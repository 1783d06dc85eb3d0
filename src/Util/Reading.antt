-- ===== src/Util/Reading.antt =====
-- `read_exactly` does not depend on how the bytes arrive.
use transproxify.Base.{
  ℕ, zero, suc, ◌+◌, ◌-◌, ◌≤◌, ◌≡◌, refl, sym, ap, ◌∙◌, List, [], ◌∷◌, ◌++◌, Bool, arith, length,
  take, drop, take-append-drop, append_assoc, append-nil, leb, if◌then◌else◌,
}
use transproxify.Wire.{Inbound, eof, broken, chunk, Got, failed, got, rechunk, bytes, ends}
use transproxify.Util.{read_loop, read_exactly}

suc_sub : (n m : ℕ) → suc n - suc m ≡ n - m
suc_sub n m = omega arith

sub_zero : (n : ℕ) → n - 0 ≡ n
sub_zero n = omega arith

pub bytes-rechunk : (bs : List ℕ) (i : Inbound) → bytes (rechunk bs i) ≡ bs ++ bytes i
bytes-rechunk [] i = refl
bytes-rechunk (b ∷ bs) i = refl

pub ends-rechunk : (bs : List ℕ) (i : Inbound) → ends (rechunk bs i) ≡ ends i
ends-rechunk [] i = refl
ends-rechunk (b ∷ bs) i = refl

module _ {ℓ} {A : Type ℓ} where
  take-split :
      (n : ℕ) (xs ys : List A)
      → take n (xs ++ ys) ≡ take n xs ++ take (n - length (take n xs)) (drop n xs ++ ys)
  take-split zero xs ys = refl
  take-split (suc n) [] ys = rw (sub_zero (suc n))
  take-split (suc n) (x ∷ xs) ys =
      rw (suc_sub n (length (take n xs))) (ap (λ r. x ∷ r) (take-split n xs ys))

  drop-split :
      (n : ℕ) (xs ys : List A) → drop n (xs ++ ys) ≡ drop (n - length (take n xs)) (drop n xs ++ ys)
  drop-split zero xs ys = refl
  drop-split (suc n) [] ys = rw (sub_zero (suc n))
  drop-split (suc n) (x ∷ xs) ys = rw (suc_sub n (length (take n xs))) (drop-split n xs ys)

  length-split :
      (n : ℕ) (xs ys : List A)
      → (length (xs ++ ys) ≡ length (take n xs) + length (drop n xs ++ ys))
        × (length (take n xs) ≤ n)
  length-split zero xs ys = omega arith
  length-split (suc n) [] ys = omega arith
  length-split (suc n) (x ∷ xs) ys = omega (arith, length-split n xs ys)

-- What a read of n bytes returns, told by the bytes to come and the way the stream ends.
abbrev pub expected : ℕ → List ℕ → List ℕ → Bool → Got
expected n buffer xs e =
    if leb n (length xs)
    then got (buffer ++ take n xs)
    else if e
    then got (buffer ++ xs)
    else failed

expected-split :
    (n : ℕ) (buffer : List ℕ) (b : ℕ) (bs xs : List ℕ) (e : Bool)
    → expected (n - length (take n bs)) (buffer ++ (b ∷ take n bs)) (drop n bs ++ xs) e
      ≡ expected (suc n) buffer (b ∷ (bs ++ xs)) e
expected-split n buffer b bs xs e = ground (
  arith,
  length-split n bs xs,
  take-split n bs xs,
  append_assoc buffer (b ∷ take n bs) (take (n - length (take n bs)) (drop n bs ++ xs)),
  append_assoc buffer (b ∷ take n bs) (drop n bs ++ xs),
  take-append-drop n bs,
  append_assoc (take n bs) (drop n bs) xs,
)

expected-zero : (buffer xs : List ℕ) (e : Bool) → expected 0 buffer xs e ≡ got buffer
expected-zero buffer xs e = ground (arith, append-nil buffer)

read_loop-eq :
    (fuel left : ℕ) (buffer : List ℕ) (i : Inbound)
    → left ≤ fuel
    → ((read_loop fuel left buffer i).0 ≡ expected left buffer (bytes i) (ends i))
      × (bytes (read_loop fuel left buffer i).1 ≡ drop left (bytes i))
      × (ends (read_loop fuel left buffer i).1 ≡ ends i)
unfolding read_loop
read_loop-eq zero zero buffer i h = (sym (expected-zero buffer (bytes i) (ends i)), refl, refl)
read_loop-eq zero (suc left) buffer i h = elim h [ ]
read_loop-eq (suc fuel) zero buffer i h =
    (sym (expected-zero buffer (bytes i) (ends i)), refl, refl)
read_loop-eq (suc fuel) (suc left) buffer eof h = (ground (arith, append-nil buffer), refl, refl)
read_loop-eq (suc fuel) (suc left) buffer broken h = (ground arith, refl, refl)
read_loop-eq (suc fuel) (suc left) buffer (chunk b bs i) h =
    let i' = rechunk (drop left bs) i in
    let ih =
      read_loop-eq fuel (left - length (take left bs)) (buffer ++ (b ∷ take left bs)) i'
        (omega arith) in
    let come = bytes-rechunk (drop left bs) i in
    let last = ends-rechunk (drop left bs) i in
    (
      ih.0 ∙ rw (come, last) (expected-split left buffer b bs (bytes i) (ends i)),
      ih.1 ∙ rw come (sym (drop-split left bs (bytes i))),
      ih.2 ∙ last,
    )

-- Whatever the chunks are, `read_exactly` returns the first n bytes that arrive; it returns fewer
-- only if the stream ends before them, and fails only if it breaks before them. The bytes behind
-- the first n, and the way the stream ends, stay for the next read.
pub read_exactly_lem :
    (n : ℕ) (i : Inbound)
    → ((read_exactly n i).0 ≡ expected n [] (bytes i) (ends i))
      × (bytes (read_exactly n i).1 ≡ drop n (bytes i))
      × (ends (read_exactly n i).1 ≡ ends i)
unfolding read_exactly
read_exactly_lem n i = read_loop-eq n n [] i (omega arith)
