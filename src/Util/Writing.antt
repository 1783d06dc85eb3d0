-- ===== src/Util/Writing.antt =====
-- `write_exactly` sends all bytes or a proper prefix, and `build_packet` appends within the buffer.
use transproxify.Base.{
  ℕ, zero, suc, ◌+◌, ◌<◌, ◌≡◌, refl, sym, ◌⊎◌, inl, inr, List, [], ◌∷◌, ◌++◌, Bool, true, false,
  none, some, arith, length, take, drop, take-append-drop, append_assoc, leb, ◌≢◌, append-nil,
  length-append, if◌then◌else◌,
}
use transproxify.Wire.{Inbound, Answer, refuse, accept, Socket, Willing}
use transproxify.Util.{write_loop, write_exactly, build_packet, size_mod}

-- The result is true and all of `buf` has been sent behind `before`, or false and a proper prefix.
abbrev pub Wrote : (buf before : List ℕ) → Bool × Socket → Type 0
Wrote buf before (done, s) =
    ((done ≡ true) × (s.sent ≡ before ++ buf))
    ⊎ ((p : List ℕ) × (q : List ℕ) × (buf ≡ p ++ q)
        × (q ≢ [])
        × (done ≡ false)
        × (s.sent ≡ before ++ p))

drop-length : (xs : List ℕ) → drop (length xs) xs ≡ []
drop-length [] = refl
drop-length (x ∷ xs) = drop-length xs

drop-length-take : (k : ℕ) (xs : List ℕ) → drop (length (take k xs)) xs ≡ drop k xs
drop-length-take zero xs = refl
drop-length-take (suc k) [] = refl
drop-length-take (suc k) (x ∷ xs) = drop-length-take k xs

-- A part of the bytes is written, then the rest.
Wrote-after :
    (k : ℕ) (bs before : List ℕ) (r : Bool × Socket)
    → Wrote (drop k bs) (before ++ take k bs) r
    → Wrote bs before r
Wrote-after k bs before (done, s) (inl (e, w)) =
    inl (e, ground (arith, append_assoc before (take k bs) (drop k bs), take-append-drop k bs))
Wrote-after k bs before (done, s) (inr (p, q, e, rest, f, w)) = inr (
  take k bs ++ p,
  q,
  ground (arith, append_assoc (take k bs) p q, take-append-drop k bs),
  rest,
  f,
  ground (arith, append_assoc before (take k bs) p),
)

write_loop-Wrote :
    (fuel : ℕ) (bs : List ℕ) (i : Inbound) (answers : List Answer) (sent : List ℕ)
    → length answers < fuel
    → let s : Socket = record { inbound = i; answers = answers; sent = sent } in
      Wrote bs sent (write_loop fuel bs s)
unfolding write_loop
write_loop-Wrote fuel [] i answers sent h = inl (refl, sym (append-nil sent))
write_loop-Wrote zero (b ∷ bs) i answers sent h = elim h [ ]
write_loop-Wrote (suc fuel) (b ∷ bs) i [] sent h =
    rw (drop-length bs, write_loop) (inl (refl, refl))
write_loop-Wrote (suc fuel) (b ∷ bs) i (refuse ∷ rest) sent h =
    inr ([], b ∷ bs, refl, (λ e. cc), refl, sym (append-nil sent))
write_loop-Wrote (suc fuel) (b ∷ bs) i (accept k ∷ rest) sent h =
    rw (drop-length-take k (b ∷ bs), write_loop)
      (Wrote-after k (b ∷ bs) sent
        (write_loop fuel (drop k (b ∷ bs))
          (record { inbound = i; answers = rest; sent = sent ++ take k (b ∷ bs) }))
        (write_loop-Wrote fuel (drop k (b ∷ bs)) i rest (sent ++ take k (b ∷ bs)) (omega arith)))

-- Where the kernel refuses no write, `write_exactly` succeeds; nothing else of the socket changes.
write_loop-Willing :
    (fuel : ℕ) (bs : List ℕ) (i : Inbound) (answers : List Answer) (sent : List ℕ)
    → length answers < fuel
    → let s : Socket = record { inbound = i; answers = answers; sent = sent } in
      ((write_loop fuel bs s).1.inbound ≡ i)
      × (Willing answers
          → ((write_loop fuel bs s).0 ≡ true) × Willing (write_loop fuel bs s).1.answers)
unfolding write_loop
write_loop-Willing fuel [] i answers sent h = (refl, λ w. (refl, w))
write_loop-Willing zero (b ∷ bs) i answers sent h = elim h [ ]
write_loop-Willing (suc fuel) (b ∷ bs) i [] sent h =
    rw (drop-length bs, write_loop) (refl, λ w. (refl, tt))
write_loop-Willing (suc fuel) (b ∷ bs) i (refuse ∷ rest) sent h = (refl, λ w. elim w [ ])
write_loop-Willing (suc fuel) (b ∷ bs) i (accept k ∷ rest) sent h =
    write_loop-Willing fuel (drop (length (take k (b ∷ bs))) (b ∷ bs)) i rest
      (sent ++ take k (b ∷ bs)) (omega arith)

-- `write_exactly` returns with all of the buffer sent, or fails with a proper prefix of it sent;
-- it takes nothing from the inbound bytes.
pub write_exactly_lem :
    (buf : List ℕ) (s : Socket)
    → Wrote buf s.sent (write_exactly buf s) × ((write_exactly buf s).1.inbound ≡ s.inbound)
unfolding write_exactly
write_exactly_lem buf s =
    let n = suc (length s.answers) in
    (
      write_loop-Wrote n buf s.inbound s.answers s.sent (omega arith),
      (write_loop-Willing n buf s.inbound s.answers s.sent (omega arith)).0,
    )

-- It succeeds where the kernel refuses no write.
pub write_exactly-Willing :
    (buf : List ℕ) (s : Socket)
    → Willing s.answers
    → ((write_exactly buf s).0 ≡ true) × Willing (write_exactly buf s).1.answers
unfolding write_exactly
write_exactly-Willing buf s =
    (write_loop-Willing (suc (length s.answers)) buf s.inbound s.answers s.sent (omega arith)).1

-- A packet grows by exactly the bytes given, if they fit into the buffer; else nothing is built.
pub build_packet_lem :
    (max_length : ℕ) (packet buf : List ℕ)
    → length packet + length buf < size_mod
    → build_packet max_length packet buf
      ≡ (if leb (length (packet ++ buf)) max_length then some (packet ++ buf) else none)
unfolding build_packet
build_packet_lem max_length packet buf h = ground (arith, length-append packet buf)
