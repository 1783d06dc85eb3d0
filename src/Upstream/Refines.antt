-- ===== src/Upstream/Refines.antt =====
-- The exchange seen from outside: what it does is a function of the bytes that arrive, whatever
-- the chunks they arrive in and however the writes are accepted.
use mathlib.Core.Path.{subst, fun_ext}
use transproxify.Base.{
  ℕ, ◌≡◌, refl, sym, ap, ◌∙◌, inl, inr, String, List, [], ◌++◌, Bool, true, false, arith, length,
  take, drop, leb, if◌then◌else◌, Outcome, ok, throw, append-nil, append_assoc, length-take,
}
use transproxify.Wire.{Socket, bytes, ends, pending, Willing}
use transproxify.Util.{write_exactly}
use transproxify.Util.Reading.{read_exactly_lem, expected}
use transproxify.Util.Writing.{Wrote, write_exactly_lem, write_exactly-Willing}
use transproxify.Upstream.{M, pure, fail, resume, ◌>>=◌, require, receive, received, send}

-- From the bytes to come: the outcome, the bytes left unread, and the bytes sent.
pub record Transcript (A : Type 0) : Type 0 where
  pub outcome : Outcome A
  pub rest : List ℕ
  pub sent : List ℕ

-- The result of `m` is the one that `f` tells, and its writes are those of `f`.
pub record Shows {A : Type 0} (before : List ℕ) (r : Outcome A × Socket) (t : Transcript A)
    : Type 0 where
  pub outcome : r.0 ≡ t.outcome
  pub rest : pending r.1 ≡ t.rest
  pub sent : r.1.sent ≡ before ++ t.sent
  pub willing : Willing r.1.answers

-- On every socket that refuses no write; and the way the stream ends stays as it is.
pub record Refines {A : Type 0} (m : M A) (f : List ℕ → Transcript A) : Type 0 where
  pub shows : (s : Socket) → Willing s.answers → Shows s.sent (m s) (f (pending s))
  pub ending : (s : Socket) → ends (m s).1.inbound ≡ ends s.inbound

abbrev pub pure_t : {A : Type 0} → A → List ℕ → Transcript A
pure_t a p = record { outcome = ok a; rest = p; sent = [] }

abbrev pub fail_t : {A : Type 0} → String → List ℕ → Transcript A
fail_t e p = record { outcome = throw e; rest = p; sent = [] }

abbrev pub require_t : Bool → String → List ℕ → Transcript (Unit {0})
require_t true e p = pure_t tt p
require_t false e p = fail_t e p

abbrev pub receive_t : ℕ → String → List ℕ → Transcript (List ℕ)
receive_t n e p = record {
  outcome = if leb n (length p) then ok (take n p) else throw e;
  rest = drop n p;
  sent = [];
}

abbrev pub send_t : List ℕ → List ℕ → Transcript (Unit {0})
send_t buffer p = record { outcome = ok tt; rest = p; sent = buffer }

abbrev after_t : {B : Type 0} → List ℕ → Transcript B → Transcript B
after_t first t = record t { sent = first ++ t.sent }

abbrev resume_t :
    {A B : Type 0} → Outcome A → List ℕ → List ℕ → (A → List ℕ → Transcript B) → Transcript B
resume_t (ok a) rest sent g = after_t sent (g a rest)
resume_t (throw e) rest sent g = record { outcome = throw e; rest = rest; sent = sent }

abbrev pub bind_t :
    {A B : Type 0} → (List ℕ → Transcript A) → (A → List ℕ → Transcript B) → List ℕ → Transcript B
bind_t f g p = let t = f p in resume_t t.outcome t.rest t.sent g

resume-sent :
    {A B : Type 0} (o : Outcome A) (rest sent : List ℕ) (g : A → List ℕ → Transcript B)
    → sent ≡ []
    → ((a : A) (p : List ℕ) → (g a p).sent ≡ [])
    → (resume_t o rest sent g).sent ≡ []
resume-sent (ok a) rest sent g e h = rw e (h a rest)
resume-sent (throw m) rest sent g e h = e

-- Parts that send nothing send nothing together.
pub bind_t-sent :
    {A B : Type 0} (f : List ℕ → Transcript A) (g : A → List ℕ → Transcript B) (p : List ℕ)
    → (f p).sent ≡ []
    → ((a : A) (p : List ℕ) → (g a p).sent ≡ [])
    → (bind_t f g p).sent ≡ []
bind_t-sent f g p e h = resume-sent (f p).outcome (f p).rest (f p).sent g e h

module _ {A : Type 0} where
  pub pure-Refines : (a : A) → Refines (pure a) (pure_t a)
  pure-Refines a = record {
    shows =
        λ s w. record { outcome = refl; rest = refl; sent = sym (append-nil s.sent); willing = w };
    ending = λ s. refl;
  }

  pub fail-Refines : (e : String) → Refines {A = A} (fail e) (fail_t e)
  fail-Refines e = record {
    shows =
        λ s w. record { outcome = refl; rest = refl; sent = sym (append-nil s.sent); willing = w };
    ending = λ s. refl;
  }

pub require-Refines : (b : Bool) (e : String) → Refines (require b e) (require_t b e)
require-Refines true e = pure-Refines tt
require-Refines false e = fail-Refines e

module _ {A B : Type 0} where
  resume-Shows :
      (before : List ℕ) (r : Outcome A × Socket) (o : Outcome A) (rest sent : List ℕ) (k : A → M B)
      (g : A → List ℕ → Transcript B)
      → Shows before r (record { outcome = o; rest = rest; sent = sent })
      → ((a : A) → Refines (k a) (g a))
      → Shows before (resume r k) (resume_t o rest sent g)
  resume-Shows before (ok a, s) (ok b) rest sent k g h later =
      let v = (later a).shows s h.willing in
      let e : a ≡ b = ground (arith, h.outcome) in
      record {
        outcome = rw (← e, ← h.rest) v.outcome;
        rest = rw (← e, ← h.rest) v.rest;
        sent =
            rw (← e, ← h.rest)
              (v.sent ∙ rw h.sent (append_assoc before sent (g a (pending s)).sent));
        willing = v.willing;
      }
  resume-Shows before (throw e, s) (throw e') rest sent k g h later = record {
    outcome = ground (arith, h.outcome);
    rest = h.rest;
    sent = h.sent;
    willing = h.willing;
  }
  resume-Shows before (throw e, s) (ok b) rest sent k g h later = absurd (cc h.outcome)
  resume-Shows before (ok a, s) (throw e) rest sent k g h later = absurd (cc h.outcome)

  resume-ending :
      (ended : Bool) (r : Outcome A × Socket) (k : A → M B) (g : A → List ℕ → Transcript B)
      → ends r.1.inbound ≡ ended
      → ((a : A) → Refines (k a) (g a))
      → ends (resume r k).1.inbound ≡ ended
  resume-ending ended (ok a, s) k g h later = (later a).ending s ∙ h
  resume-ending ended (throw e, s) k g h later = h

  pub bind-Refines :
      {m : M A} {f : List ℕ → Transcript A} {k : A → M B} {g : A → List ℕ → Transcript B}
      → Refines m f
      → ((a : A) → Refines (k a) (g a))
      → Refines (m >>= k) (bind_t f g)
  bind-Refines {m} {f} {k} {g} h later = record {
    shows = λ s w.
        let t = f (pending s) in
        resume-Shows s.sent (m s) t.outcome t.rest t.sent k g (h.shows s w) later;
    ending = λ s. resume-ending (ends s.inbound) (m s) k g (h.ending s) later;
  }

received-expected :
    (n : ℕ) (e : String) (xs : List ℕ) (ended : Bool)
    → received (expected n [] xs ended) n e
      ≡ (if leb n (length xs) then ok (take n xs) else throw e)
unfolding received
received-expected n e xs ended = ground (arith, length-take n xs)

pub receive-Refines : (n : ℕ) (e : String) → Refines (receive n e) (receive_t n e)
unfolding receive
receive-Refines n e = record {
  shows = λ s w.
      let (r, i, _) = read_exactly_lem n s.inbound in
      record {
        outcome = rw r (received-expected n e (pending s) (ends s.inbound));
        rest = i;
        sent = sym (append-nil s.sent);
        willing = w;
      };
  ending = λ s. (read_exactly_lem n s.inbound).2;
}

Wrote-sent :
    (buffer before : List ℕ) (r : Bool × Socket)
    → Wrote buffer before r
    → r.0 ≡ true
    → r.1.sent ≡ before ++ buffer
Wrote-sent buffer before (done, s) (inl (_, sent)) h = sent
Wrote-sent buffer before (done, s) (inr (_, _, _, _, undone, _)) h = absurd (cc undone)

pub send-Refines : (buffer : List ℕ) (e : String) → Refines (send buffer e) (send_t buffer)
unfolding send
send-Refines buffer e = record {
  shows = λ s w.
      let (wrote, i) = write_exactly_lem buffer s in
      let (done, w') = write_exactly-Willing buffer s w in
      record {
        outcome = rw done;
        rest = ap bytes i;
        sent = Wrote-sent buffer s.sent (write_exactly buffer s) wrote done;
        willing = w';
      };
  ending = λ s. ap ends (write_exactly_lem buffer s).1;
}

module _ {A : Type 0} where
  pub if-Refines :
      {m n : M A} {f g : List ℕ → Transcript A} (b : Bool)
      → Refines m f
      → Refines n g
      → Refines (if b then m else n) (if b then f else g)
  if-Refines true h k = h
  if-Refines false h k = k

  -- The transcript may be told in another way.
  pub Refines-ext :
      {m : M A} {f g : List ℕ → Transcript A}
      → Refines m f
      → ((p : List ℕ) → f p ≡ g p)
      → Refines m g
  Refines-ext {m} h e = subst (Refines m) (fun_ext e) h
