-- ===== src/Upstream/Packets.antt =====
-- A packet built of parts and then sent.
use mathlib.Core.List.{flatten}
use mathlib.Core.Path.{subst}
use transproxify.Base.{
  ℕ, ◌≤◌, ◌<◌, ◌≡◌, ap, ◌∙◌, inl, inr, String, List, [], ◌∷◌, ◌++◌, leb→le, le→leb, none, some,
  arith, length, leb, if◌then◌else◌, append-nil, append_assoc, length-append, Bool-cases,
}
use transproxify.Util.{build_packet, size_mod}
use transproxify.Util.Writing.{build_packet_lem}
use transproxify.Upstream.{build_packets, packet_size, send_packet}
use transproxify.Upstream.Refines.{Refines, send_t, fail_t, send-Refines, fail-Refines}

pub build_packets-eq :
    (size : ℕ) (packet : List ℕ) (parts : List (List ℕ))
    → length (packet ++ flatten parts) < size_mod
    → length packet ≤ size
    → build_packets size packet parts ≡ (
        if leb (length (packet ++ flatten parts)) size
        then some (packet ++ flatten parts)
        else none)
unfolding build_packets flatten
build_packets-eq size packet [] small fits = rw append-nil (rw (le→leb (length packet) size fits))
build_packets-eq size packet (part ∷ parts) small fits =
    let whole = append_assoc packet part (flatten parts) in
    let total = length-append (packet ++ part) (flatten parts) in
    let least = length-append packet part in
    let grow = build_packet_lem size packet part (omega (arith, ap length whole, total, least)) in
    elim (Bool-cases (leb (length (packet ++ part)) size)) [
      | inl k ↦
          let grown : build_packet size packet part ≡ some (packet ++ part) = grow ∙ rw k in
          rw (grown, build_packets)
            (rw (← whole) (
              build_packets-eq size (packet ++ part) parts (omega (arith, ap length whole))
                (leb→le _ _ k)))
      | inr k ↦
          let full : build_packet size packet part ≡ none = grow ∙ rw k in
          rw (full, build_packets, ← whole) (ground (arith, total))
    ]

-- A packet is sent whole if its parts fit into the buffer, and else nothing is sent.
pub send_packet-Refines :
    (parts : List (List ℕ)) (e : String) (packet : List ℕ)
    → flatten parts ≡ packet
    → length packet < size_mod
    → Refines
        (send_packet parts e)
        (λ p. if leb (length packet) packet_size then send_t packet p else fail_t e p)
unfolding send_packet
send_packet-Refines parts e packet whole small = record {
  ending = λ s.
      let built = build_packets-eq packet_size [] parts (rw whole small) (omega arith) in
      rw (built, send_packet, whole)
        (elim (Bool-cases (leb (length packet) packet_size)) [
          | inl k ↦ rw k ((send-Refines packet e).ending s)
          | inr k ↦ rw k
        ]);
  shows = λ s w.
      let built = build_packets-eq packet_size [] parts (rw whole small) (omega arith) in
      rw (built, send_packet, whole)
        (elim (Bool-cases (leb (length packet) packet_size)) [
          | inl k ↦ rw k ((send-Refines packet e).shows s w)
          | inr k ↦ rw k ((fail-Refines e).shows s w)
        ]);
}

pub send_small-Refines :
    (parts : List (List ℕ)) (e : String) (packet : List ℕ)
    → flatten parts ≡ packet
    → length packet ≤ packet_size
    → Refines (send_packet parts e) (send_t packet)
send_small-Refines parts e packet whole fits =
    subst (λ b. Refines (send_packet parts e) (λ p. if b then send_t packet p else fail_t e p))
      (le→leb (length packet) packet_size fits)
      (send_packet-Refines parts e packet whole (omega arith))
-=-=-
**Try it:** Pick out each line in the material containing "chunks".

**Solution to this exercise:**
-- Whatever the chunks are, `read_exactly` returns the first n bytes that arrive; it returns fewer
-- the chunks they arrive in and however the writes are accepted.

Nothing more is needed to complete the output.